> **WHAT TO PRODUCE**
Would you copy each line of the records that includes the word "Laws"?

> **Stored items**

◇ ◇ ◇

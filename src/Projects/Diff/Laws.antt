-- ===== src/Projects/Diff/Laws.antt =====
-- `_diff` of application/project_service.py against the reading of it path by path.
use workspace.Base.{
  ◌≡◌, ◌↔◌, refl, sym, ap, ◌∙◌, Bool, true, false, ◌||◌, Option, none, some, List, [], ◌∷◌, ◌++◌,
  Text, text_eq, text_eq-eq, text_eq_refl, any, if◌then◌else◌, on_if, Bool-cases, inl, inr, arith,
  dict_get, is_some, keys,
}
use workspace.Domain.Enums.{ChangeKind}
use workspace.Projects.Diff.{
  Tree, insert_path, sorted_paths, change_of, add_change, diff_at, diff_paths, diff, same_digest,
  agree_on, dict_eq,
}

-- What became of a path, from what stands there on either side.
abbrev pub expected : Option Text → Option Text → Option ChangeKind
expected none none = none
expected none (some r) = some ChangeKind.added
expected (some l) none = some ChangeKind.removed
expected (some l) (some r) = if text_eq l r then none else some ChangeKind.modified

abbrev among : Text → List Text → Bool
among path paths = any (λ q. text_eq q path) paths

among-insert :
    (path q : Text) (qs : List Text)
    → among path (insert_path q qs) ≡ (text_eq q path || among path qs)
unfolding insert_path
among-insert path q [] = ground arith
among-insert path q (x ∷ qs) = elim (Bool-cases (text_eq q x)) [
  | inl e ↦
      let same = text_eq-eq q x e in
      let e1 : text_eq q path ≡ text_eq x path = ap (λ t. text_eq t path) same in ground (arith)
  | inr e ↦ let rest = among-insert path q qs in ground (arith)
]

among-sorted : (path : Text) (ps : List Text) → among path (sorted_paths ps) ≡ among path ps
unfolding sorted_paths
among-sorted path [] = refl
among-sorted path (p ∷ ps) =
    among-insert path p (sorted_paths ps) ∙ (let rest = among-sorted path ps in ground (arith))

among-append :
    (path : Text) (ps qs : List Text) → among path (ps ++ qs) ≡ (among path ps || among path qs)
among-append path [] qs = refl
among-append path (p ∷ ps) qs = let rest = among-append path ps qs in ground (arith)

among-keys : (path : Text) (d : Tree) → among path (keys d) ≡ is_some (dict_get path d)
unfolding dict_get
among-keys path [] = refl
among-keys path ((k, v) ∷ d) = let rest = among-keys path d in ground (arith)

change_here :
    (p path : Text) (c : Option ChangeKind) (changes : List (Text × ChangeKind))
    → text_eq p path ≡ true
    → (c ≡ none → dict_get path changes ≡ none)
    → dict_get path (add_change p c changes) ≡ c
unfolding dict_get
change_here p path none changes e h = h refl
change_here p path (some c) changes e h = ground (arith)

change_elsewhere :
    (p path : Text) (c : Option ChangeKind) (changes : List (Text × ChangeKind))
    → text_eq p path ≡ false
    → dict_get path (add_change p c changes) ≡ dict_get path changes
unfolding dict_get
change_elsewhere p path none changes e = refl
change_elsewhere p path (some c) changes e = ground (arith)

expected_by_cases :
    (l r : Option Text) → (if is_some l || is_some r then change_of l r else none) ≡ expected l r
expected_by_cases none none = refl
expected_by_cases none (some r) = refl
expected_by_cases (some l) none = refl
expected_by_cases (some l) (some r) = refl

module _ (left right : Tree) where
  diff_paths-dict_get :
      (path : Text) (ps : List Text)
      → dict_get path (diff_paths left right ps)
        ≡ (if among path ps then diff_at left right path else none)
  unfolding diff_paths
  diff_paths-dict_get path [] = refl
  diff_paths-dict_get path (p ∷ ps) =
      let rest = diff_paths-dict_get path ps in
      elim (Bool-cases (text_eq p path)) [
        | inl e ↦
            let same : diff_at left right p ≡ diff_at left right path =
              ap (diff_at left right) (text_eq-eq p path e) in
            change_here p path (diff_at left right p) (diff_paths left right ps) e (λ absent.
              rest ∙ on_if (λ o. o ≡ none) (among path ps) (λ _. sym same ∙ absent) (λ _. refl))
            ∙ same
            ∙ ground (arith)
        | inr e ↦
            change_elsewhere p path (diff_at left right p) (diff_paths left right ps) e
            ∙ rest
            ∙ ground (arith)
      ]

  among_either :
      (path : Text)
      → among path (sorted_paths (keys left ++ keys right))
        ≡ (is_some (dict_get path left) || is_some (dict_get path right))
  among_either path =
      among-sorted path (keys left ++ keys right)
      ∙ among-append path (keys left) (keys right)
      ∙ (let e = among-keys path left in let e1 = among-keys path right in ground (arith))

  -- Looked up in the difference, a path has exactly the change that it went through.
  pub diff-dict_get :
      (path : Text)
      → dict_get path (diff left right) ≡ expected (dict_get path left) (dict_get path right)
  unfolding diff diff_at
  diff-dict_get path =
      diff_paths-dict_get path _
      ∙ ap (λ b. if b then diff_at left right path else none) (among_either path)
      ∙ expected_by_cases (dict_get path left) (dict_get path right)

same_digest-expected : (l r : Option Text) → (same_digest l r ≡ true) ↔ (expected l r ≡ none)
same_digest-expected none none = (λ h. refl, λ h. refl)
same_digest-expected none (some r) = (λ h. cc, λ h. cc)
same_digest-expected (some l) none = (λ h. cc, λ h. cc)
same_digest-expected (some l) (some r) = (λ h. ground (arith), λ h. ground (arith))

absent_same : (l r : Option Text) → (is_some l || is_some r) ≡ false → same_digest l r ≡ true
absent_same none none h = refl
absent_same none (some r) h = cc
absent_same (some l) r h = absurd (ground (arith))

nothing : (path : Text) → dict_get {V = ChangeKind} path [] ≡ none
unfolding dict_get
nothing path = refl

no_lookup : (d : List (Text × ChangeKind)) → ((path : Text) → dict_get path d ≡ none) → d ≡ []
unfolding dict_get
no_lookup [] h = refl
no_lookup ((k, c) ∷ d) h = let e = h k in let self = text_eq_refl k in absurd (ground (arith))

module _ (left right : Tree) where
  agree_on-same :
      (path : Text) (ps : List Text)
      → agree_on left right ps ≡ true
      → among path ps ≡ true
      → same_digest (dict_get path left) (dict_get path right) ≡ true
  unfolding agree_on
  agree_on-same path [] h e = cc
  agree_on-same path (p ∷ ps) h e = elim (Bool-cases (text_eq p path)) [
    | inl k ↦
        ap (λ t. same_digest (dict_get t left) (dict_get t right)) (sym (text_eq-eq p path k))
        ∙ ground (arith)
    | inr k ↦ agree_on-same path ps (ground (arith)) (ground (arith))
  ]

  same-agree_on :
      (ps : List Text)
      → ((path : Text) → same_digest (dict_get path left) (dict_get path right) ≡ true)
      → agree_on left right ps ≡ true
  unfolding agree_on
  same-agree_on [] h = refl
  same-agree_on (p ∷ ps) h = let e = h p in let rest = same-agree_on ps h in ground (arith)

  dict_eq-same :
      (path : Text)
      → dict_eq left right ≡ true
      → same_digest (dict_get path left) (dict_get path right) ≡ true
  unfolding dict_eq
  dict_eq-same path h = elim (Bool-cases (among path (keys left ++ keys right))) [
    | inl e ↦ agree_on-same path (keys left ++ keys right) h e
    | inr e ↦
        let either = among-append path (keys left) (keys right) in
        let e1 = among-keys path left in
        let e2 = among-keys path right in
        absent_same (dict_get path left) (dict_get path right) (ground (arith))
  ]

  -- Nothing changed exactly when the two are equal as dicts.
  pub diff_iff : (diff left right ≡ []) ↔ (dict_eq left right ≡ true)
  unfolding dict_eq
  diff_iff = (
    λ h. same-agree_on (keys left ++ keys right) (λ path.
        (same_digest-expected (dict_get path left) (dict_get path right)).1
          (sym (diff-dict_get left right path) ∙ ap (dict_get path) h ∙ nothing path)),
    λ h. no_lookup (diff left right) (λ path.
        diff-dict_get left right path
        ∙ (same_digest-expected (dict_get path left) (dict_get path right)).0
            (dict_eq-same path h)),
  )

◇ ◇ ◇

> **RESULT OF THIS EXERCISE**
filename src/Projects/Diff/Laws.antt
-- ===== src/Projects/Diff/Laws.antt =====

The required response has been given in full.